__Try it__
A single number is the whole answer: how many lines in this listing contain "offset".

*** Data for review ***

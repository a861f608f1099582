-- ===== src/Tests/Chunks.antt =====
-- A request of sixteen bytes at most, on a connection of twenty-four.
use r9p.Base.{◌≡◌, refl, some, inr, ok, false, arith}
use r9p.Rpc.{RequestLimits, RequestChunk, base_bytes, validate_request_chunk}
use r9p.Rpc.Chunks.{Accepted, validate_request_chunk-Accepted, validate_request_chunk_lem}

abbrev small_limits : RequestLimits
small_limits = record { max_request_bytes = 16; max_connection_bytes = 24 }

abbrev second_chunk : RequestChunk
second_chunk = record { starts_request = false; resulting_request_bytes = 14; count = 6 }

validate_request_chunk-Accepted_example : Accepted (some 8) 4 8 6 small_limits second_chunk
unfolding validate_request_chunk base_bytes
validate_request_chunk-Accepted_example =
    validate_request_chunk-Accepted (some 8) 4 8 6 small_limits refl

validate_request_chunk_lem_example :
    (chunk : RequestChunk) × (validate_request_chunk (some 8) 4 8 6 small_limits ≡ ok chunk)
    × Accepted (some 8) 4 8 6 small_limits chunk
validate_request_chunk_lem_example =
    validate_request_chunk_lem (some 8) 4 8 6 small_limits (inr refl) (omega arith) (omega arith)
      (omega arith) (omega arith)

*** End of Data for review ***
*** Data for review ***

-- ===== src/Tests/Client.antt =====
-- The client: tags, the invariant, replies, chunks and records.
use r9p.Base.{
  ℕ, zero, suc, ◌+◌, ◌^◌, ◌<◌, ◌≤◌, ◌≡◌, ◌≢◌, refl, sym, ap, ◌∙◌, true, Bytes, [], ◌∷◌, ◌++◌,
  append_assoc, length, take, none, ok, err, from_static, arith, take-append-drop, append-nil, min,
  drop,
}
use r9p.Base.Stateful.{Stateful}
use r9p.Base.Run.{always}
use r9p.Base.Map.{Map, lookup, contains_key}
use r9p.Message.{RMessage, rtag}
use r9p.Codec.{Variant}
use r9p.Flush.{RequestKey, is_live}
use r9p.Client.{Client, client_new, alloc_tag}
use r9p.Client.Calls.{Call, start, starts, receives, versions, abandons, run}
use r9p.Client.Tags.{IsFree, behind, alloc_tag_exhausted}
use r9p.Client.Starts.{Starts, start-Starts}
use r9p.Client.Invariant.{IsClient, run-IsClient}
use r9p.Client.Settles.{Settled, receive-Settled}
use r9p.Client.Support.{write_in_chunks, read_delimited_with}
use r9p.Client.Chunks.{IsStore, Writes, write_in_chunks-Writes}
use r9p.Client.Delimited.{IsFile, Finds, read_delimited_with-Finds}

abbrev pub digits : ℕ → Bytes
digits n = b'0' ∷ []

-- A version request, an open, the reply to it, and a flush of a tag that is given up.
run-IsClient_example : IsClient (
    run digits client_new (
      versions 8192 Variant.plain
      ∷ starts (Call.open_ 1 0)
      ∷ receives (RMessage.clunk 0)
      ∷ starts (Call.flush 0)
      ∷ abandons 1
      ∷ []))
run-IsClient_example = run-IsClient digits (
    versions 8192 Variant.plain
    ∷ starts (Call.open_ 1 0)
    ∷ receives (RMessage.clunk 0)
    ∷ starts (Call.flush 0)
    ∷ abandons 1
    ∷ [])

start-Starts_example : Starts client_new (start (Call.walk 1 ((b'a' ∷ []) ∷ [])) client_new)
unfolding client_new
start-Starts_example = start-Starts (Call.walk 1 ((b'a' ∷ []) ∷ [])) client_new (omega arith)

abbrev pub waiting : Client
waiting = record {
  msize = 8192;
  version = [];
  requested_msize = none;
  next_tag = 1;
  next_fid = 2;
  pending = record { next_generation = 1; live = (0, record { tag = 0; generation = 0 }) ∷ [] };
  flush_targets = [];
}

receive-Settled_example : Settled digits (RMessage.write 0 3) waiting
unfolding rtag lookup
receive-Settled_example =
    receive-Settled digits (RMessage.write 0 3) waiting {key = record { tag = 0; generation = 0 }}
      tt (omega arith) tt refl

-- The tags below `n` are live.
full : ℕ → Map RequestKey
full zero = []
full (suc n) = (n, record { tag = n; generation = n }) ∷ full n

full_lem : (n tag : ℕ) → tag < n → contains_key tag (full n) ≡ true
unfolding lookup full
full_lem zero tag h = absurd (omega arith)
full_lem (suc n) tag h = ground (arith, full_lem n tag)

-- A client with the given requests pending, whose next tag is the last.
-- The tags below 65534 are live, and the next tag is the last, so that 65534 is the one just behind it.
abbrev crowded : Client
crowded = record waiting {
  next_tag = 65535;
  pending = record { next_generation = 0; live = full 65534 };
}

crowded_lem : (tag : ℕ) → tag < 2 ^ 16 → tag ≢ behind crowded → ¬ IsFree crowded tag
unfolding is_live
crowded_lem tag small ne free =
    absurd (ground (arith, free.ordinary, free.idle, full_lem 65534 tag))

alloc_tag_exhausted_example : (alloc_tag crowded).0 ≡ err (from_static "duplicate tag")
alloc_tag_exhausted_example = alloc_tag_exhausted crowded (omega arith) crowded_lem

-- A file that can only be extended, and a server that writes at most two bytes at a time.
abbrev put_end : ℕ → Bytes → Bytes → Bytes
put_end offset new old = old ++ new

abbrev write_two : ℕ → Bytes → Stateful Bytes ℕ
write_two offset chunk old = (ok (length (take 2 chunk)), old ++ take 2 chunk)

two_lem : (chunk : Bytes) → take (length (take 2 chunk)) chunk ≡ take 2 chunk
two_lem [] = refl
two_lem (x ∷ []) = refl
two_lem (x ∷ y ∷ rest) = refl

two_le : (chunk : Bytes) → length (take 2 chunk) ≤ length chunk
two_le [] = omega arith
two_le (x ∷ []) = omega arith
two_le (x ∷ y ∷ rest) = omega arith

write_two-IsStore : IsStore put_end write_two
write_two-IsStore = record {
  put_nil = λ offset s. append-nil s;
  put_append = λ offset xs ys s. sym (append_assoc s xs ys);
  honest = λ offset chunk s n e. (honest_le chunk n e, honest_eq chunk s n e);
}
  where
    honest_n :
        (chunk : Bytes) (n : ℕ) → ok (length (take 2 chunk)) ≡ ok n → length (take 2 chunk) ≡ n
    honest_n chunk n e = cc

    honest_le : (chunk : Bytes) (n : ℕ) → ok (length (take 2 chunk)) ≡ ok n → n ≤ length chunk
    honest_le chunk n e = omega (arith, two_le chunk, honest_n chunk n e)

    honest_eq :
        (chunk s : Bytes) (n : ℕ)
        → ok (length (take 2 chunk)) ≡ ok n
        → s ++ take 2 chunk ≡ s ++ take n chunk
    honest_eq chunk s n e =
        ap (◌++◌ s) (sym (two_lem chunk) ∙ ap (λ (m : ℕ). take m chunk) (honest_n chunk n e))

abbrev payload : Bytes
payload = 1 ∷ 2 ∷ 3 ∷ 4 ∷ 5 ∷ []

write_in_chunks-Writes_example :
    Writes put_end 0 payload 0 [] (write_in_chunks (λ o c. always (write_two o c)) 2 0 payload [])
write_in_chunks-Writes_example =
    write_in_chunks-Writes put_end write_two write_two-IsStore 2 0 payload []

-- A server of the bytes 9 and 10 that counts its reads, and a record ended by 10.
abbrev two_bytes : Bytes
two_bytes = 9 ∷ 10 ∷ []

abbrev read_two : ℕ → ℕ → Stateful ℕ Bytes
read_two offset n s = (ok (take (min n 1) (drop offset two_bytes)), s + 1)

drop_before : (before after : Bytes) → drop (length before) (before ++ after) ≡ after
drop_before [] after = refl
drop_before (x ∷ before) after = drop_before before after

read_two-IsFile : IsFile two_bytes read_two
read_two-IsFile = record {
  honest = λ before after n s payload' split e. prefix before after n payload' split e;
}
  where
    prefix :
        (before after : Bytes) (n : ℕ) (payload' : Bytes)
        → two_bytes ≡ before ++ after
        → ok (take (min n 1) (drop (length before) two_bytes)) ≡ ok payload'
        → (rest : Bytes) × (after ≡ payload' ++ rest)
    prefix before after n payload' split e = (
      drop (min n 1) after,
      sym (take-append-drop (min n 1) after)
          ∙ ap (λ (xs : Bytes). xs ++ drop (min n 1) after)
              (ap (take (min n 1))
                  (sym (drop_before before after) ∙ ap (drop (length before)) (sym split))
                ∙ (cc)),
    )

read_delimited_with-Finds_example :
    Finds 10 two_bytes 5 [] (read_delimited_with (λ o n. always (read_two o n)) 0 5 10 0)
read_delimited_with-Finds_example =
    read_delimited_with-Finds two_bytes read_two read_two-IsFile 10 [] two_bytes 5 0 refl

*** End of Data for review ***
*** Data for review ***

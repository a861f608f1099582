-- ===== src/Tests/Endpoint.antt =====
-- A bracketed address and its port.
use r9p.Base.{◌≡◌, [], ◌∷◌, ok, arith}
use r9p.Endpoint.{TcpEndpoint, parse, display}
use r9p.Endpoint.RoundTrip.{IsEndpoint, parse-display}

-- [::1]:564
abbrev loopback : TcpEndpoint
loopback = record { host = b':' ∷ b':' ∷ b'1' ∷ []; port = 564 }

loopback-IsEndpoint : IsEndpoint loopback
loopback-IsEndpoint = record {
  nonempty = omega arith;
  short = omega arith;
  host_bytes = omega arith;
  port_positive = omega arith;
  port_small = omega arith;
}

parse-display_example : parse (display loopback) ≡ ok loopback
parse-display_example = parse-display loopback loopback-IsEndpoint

*** End of Data for review ***

__Task output__
6